Photonic Systems Laboratory, Department of Electrical and Computer Engineering, Seoul National University, Seoul 08826, Korea.
Sci Rep. 2017 Feb 27;7:43333. doi: 10.1038/srep43333.
Graphene plasmonics has become a highlighted research area due to the outstanding properties of deep-subwavelength plasmon excitation, long relaxation time, and electro-optical tunability. Although the giant conductivity of a graphene layer enables the low-dimensional confinement of light, the atomic scale of the layer thickness is severely mismatched with optical mode sizes, which impedes the efficient tuning of graphene plasmon modes from the degraded light-graphene overlap. Inspired by gap plasmon modes in noble metals, here we propose low-dimensional hybrid graphene gap plasmon waves for large light-graphene overlap factor. We show that gap plasmon waves exhibit improved in-plane and out-of-plane field concentrations on graphene compared to those of edge or wire-like graphene plasmons. By adjusting the chemical property of the graphene layer, efficient and linear modulation of hybrid graphene gap plasmon modes is also achieved. Our results provide potential opportunities to low-dimensional graphene plasmonic devices with strong tunability.

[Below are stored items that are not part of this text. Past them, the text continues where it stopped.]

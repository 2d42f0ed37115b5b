-- ===== src/Saves/Commands.antt =====
-- packages/db/src/repositories/transition-validation.ts: the validation of a command that took effect at once.
use interview_agent.Common.{
  ℕ, ◌+◌, Bool, true, false, not, ◌&&◌, ◌||◌, ◌==◌, if◌then◌else◌, Option, none, some, is_some,
  Text, text_eq, Date, before, same_time, clone_date, ◌>>=◌, ◌>>◌,
}
use interview_agent.Interview.{
  awaiting_response, awaiting_continue, active, report_pending, abandoned, ReportKind, complete,
  incomplete, report_kind_eq, is_active, is_report_pending, QuestionOutcome,
}
use interview_agent.Engine.{Interview, InterviewQuestionState, PendingInterviewOperation, EventBase}
use interview_agent.Engine.Guards.{has_phase}
use interview_agent.Engine.Immediate.{reported_status, has_outcome}
use interview_agent.Saves.{
  outcome_mismatch, freeze_mismatch, freeze_without_outcome, report_request_mismatch,
  early_end_mismatch, stored_report_mismatch, abandonment_mismatch,
}
use interview_agent.Saves.Validate.{
  SaveChecked, reject_if, assert_aggregate_equals, get_question, replace_question,
}

unfoldable pub validate_unevaluated_outcome :
    Interview → Interview → EventBase → ℕ → QuestionOutcome → SaveChecked
unfolding replace_question
validate_unevaluated_outcome previous current base position outcome = do
  reject_if previous
      (not (is_active previous.status)
        || not (has_phase previous.phase awaiting_response)
        || is_some previous.pending_operation
        || not (position == previous.current_question_position))
      outcome_mismatch
  question ← get_question previous position
  let expected = record question { evaluation = none; outcome = some outcome }
  assert_aggregate_equals current (record (replace_question previous expected) {
    phase = some awaiting_continue;
    last_effective_activity_at = clone_date base.occurred_at;
    version = previous.version + 1;
  })

-- The second event of a continuation, on the final question and elsewhere.
abbrev pub is_report_request : EventBase → Bool → Option (EventBase × ReportKind) → Bool
is_report_request frozen true (some (base, kind)) =
    report_kind_eq kind complete
    && text_eq base.operation_id frozen.operation_id
    && same_time base.occurred_at frozen.occurred_at
is_report_request frozen true none = false
is_report_request frozen false requested = not (is_some requested)

unfoldable pub continued : Interview → InterviewQuestionState → EventBase → Interview
unfolding replace_question
continued previous question frozen =
    let frozen_question = record question { frozen = true } in
    if previous.current_question_position == previous.question_count
    then record (replace_question previous frozen_question) {
      status = report_pending;
      phase = none;
      pending_operation = none;
      pending_report_kind = some complete;
      report_requested_at = some (clone_date frozen.occurred_at);
      last_effective_activity_at = clone_date frozen.occurred_at;
      version = previous.version + 1;
    }
    else record (replace_question previous frozen_question) {
      current_question_position = previous.current_question_position + 1;
      status = active;
      phase = some awaiting_response;
      pending_operation = none;
      pending_report_kind = none;
      report_requested_at = none;
      last_effective_activity_at = clone_date frozen.occurred_at;
      version = previous.version + 1;
    }

unfoldable pub validate_continue :
    Interview → Interview → EventBase → ℕ → Option (EventBase × ReportKind) → SaveChecked
unfolding continued
validate_continue previous current frozen position requested = do
  reject_if previous
      (not (is_active previous.status)
        || not (has_phase previous.phase awaiting_continue)
        || is_some previous.pending_operation
        || not (position == previous.current_question_position))
      freeze_mismatch
  question ← get_question previous position
  reject_if previous (not (is_some question.outcome) || question.frozen) freeze_without_outcome
  let final_question = previous.current_question_position == previous.question_count
  reject_if previous (not (is_report_request frozen final_question requested))
      report_request_mismatch
  assert_aggregate_equals current (continued previous question frozen)

unfoldable pub validate_early_end : Interview → Interview → EventBase → ReportKind → SaveChecked
validate_early_end previous current base kind = do
  reject_if previous
      (not (report_kind_eq kind incomplete)
        || not (is_active previous.status)
        || is_some previous.pending_operation
        || not (has_outcome previous.questions))
      early_end_mismatch
  assert_aggregate_equals current (record previous {
    version = previous.version + 1;
    status = report_pending;
    phase = none;
    pending_operation = none;
    pending_report_kind = some incomplete;
    report_requested_at = some (clone_date base.occurred_at);
    last_effective_activity_at = clone_date base.occurred_at;
  })

-- `previous.pendingReportKind !== event.reportKind`
abbrev pub is_other_kind : Option ReportKind → ReportKind → Bool
is_other_kind none kind = true
is_other_kind (some pending) kind = not (report_kind_eq pending kind)

abbrev pub is_missing_or_later : Option Date → Date → Bool
is_missing_or_later none occurred_at = true
is_missing_or_later (some requested) occurred_at = before occurred_at requested

unfoldable pub validate_report_stored :
    Interview → Interview → EventBase → Text → ReportKind → SaveChecked
validate_report_stored previous current base report_id kind = do
  reject_if previous
      (not (is_report_pending previous.status)
        || is_other_kind previous.pending_report_kind kind
        || is_missing_or_later previous.report_requested_at base.occurred_at)
      stored_report_mismatch
  assert_aggregate_equals current (record previous {
    version = previous.version + 1;
    status = reported_status kind;
    pending_operation = none;
    pending_report_kind = none;
    report_id = some report_id;
  })

-- A pending operation has another identifier than the event's.
abbrev pub is_other_operation : Option PendingInterviewOperation → EventBase → Bool
is_other_operation none base = false
is_other_operation (some pending) base = not (text_eq base.operation_id pending.operation_id)

unfoldable pub validate_abandonment : Interview → Interview → EventBase → SaveChecked
validate_abandonment previous current base = do
  reject_if previous
      (not (is_active previous.status) || is_other_operation previous.pending_operation base)
      abandonment_mismatch
  assert_aggregate_equals current (record previous {
    version = if is_some previous.pending_operation then previous.version else previous.version + 1;
    status = abandoned;
    phase = none;
    pending_operation = none;
    pending_report_kind = none;
    report_requested_at = none;
  })
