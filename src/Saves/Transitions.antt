-- ===== src/Saves/Transitions.antt =====
-- packages/db/src/repositories/transition-validation.ts: `validateInterviewSave`.
use interview_agent.Common.{Bool, true, false, err, ◌>>◌}
use interview_agent.Engine.{Interview}
use interview_agent.Saves.{
  InterviewSave, corrupt_save, unsupported_events, EventSequence, no_events, clarification_events,
  follow_up_events, evaluation_events, outcome_events, freeze_events, report_request_events,
  stored_events, abandoned_events, other_events,
}
use interview_agent.Saves.Validate.{
  SaveChecked, assert_immutable_identity, assert_event_identity, sequence_of,
  assert_persistence_payloads,
}
use interview_agent.Saves.Eventless.{validate_eventless_transition}
use interview_agent.Saves.Completions.{
  validate_clarification_completion, validate_follow_up_completion, validate_evaluation_completion,
}
use interview_agent.Saves.Commands.{
  validate_unevaluated_outcome, validate_continue, validate_early_end, validate_report_stored,
  validate_abandonment,
}

-- The validation of a sequence of events, without the payloads.
unfoldable pub validate_sequence : Interview → Interview → EventSequence → SaveChecked
validate_sequence previous current no_events = validate_eventless_transition previous current
validate_sequence previous current (clarification_events a p b m q t) =
    validate_clarification_completion previous current a p b m q t
validate_sequence previous current (follow_up_events a x b q c) =
    validate_follow_up_completion previous current a x b q c
validate_sequence previous current (evaluation_events a b q e) =
    validate_evaluation_completion previous current a b q e
validate_sequence previous current (outcome_events a p o) =
    validate_unevaluated_outcome previous current a p o
validate_sequence previous current (freeze_events a p r) = validate_continue previous current a p r
validate_sequence previous current (report_request_events a k) =
    validate_early_end previous current a k
validate_sequence previous current (stored_events a i k) =
    validate_report_stored previous current a i k
validate_sequence previous current (abandoned_events a r) = validate_abandonment previous current a
validate_sequence previous current other_events = err (corrupt_save previous.id unsupported_events)

-- The payloads that a sequence of events comes with.
abbrev pub is_evaluation_sequence : EventSequence → Bool
is_evaluation_sequence (evaluation_events a b q e) = true
is_evaluation_sequence _ = false

abbrev pub is_report_sequence : EventSequence → Bool
is_report_sequence (stored_events a i k) = true
is_report_sequence _ = false

unfoldable pub validate_interview_save : InterviewSave → SaveChecked
validate_interview_save change = do
  assert_immutable_identity change
  assert_event_identity change.previous change.events
  let sequence = sequence_of change.events
  validate_sequence change.previous change.current sequence
  assert_persistence_payloads change (is_evaluation_sequence sequence) (is_report_sequence sequence)
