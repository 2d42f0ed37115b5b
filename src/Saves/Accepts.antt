-- ===== src/Saves/Accepts.antt =====
-- packages/db/src/repositories/transition-validation.ts: that the guard accepts what the engine leaves.
pub mod Sessions
pub mod Commands
pub mod Acceptance
pub mod Eventless
pub mod Completions
pub mod Answers
use interview_agent.Common.{
  ℕ, ◌≡◌, refl, true, false, not, Bool, List, [], ◌∷◌, Option, none, some, Text, text_eq,
  text_eq_refl, same_time, is_valid, clone_date, ok, err, arith, inl, inr, Option-cases,
  at_position, ap, sym, ◌∙◌, Date, at, invalid,
}
use interview_agent.Engine.{Interview, InterviewQuestionState, InterviewEvent, CommandBase}
use interview_agent.Engine.Guards.{get_current_question_state, question_at}
use interview_agent.Saves.{InterviewSave, SaveError}
use interview_agent.Saves.Equal.{interview_eq, identity_eq, progress_eq, activity_eq, blueprint_eq}
use interview_agent.Saves.Validate.{
  SaveChecked, assert_aggregate_equals, assert_immutable_identity, assert_event_identity,
  assert_persistence_payloads, get_question, question_of, sequence_of,
}
use interview_agent.Saves.Transitions.{
  validate_sequence, validate_interview_save, is_evaluation_sequence, is_report_sequence,
}

pub clone_date_same : (d : Date) → clone_date d ≡ d
clone_date_same (at x) = refl
clone_date_same invalid = refl

pub clone_date_twice : (d : Date) → clone_date (clone_date d) ≡ d
clone_date_twice (at x) = refl
clone_date_twice invalid = refl

-- An interview that equals itself under `deepEqual`: its dates are valid and its numbers whole.
abbrev pub IsComparable : Interview → Type 0
IsComparable i = interview_eq i i ≡ true

pub canonical :
    (actual expected : Interview)
    → actual ≡ expected
    → IsComparable actual
    → assert_aggregate_equals actual expected ≡ ok tt
unfolding assert_aggregate_equals
canonical actual expected e h = rw (sym e, h) refl

-- The two interviews agree on what no transition changes.
pub record SameIdentity (i j : Interview) : Type 0 where
  pub id : j.id ≡ i.id
  pub account_id : j.account_id ≡ i.account_id
  pub question_count : j.question_count ≡ i.question_count
  pub blueprint : j.blueprint ≡ i.blueprint
  pub created_at : j.created_at ≡ i.created_at

identity_of :
    (j : Interview)
    → IsComparable j
    → (text_eq j.account_id j.account_id ≡ true)
      × (blueprint_eq j.blueprint j.blueprint ≡ true)
      × (same_time j.created_at j.created_at ≡ true)
unfolding interview_eq identity_eq
identity_of j h = (text_eq_refl j.account_id, ground arith, ground arith)

pub kept_identity :
    (change : InterviewSave)
    → SameIdentity change.previous change.current
    → IsComparable change.current
    → assert_immutable_identity change ≡ ok tt
unfolding assert_immutable_identity
kept_identity change s h =
    let (account, blueprint, created) = identity_of change.current h in
    ground (
      arith,
      s.id,
      s.account_id,
      s.question_count,
      s.blueprint,
      s.created_at,
      account,
      blueprint,
      created,
      text_eq_refl change.current.id,
    )

-- The four parts of the guard, one after the other.
pub saved :
    (change : InterviewSave)
    → SameIdentity change.previous change.current
    → IsComparable change.current
    → assert_event_identity change.previous change.events ≡ ok tt
    → validate_sequence change.previous change.current (sequence_of change.events) ≡ ok tt
    → assert_persistence_payloads change
        (is_evaluation_sequence (sequence_of change.events))
        (is_report_sequence (sequence_of change.events))
      ≡ ok tt
    → validate_interview_save change ≡ ok tt
unfolding validate_interview_save
saved change s h events sequence payloads =
    rw (kept_identity change s h, events, sequence, payloads) refl

-- The repository finds the question that the engine finds.
pub question_found :
    (i : Interview) {q : InterviewQuestionState}
    → get_current_question_state i ≡ ok q
    → get_question i i.current_question_position ≡ ok q
unfolding get_current_question_state get_question
question_found i {q} h = elim (Option-cases (at_position i.questions i.current_question_position)) [
  | inl e ↦ absurd (ground arith)
  | inr (c, e) ↦ ground arith
]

由于深亚波长等离子体激元激发、长弛豫时间和电光可调谐性等优异性能,石墨烯等离子体激元学已成为一个备受关注的研究领域。尽管石墨烯层的巨大电导率能够实现光的低维限制,但层厚度的原子尺度与光学模式尺寸严重不匹配,这阻碍了从降低的光-石墨烯重叠中有效地调谐石墨烯等离子体模式。受贵金属中的间隙等离子体模式的启发,我们在这里提出了低维混合石墨烯间隙等离子体波,以实现大的光-石墨烯重叠因子。我们表明,与边缘或线状石墨烯等离子体相比,间隙等离子体波在石墨烯上表现出更好的面内和面外场浓度。通过调整石墨烯层的化学性质,还实现了混合石墨烯间隙等离子体模式的高效和线性调制。我们的结果为具有强可调性的低维石墨烯等离子体器件提供了潜在的机会。